**EXERCISE BRIEF:** Write out again the entries from the first line to the line that includes "take_lem : (xs", keeping both of those lines.

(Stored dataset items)
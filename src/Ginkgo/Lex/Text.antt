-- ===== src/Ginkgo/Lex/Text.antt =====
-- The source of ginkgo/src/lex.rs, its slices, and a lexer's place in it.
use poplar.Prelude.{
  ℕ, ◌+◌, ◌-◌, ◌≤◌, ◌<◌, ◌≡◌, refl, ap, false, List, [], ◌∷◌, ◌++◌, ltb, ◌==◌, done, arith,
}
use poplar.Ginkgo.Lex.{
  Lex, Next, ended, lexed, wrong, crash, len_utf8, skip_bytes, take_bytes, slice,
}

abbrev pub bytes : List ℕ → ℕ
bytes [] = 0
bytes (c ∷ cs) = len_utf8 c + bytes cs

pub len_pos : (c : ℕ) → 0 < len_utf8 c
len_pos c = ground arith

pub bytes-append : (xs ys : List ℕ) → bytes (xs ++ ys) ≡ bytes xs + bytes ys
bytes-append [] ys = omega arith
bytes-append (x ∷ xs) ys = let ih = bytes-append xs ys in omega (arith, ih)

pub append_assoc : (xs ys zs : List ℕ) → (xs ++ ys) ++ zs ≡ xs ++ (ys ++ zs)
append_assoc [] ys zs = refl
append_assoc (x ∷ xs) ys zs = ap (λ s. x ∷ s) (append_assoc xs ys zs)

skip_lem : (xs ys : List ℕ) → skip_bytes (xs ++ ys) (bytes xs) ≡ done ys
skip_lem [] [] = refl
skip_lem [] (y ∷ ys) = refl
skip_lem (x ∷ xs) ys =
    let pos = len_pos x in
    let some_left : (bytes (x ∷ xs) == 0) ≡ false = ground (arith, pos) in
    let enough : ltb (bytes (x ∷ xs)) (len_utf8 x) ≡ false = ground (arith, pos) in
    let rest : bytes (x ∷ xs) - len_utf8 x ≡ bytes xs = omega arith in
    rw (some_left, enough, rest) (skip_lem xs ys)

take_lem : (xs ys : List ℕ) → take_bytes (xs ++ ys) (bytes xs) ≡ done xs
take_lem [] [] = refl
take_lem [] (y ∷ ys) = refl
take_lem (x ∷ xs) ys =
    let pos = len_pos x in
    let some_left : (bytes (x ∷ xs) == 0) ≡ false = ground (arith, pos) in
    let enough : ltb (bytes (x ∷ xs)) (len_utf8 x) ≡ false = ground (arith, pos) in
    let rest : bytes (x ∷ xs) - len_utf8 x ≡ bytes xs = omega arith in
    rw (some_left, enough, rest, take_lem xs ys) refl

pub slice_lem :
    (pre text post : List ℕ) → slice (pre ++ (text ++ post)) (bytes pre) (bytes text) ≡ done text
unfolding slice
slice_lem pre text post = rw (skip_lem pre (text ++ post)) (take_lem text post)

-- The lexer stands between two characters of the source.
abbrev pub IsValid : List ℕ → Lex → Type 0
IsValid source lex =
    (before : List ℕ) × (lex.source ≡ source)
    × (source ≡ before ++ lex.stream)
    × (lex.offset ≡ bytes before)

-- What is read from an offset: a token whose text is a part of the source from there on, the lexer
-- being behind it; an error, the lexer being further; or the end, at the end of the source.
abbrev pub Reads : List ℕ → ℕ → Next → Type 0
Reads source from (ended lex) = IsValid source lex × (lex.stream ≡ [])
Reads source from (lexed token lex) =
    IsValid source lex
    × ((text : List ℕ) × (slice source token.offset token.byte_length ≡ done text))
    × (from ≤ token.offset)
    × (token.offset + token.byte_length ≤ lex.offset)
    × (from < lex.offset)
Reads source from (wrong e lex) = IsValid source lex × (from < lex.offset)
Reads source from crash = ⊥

**TASK RESULT:**
filename src/Ginkgo/Lex/Text.antt
-- ===== src/Ginkgo/Lex/Text.antt =====
-- The source of ginkgo/src/lex.rs, its slices, and a lexer's place in it.
use poplar.Prelude.{
  ℕ, ◌+◌, ◌-◌, ◌≤◌, ◌<◌, ◌≡◌, refl, ap, false, List, [], ◌∷◌, ◌++◌, ltb, ◌==◌, done, arith,
}
use poplar.Ginkgo.Lex.{
  Lex, Next, ended, lexed, wrong, crash, len_utf8, skip_bytes, take_bytes, slice,
}

abbrev pub bytes : List ℕ → ℕ
bytes [] = 0
bytes (c ∷ cs) = len_utf8 c + bytes cs

pub len_pos : (c : ℕ) → 0 < len_utf8 c
len_pos c = ground arith

pub bytes-append : (xs ys : List ℕ) → bytes (xs ++ ys) ≡ bytes xs + bytes ys
bytes-append [] ys = omega arith
bytes-append (x ∷ xs) ys = let ih = bytes-append xs ys in omega (arith, ih)

pub append_assoc : (xs ys zs : List ℕ) → (xs ++ ys) ++ zs ≡ xs ++ (ys ++ zs)
append_assoc [] ys zs = refl
append_assoc (x ∷ xs) ys zs = ap (λ s. x ∷ s) (append_assoc xs ys zs)

skip_lem : (xs ys : List ℕ) → skip_bytes (xs ++ ys) (bytes xs) ≡ done ys
skip_lem [] [] = refl
skip_lem [] (y ∷ ys) = refl
skip_lem (x ∷ xs) ys =
    let pos = len_pos x in
    let some_left : (bytes (x ∷ xs) == 0) ≡ false = ground (arith, pos) in
    let enough : ltb (bytes (x ∷ xs)) (len_utf8 x) ≡ false = ground (arith, pos) in
    let rest : bytes (x ∷ xs) - len_utf8 x ≡ bytes xs = omega arith in
    rw (some_left, enough, rest) (skip_lem xs ys)

take_lem : (xs ys : List ℕ) → take_bytes (xs ++ ys) (bytes xs) ≡ done xs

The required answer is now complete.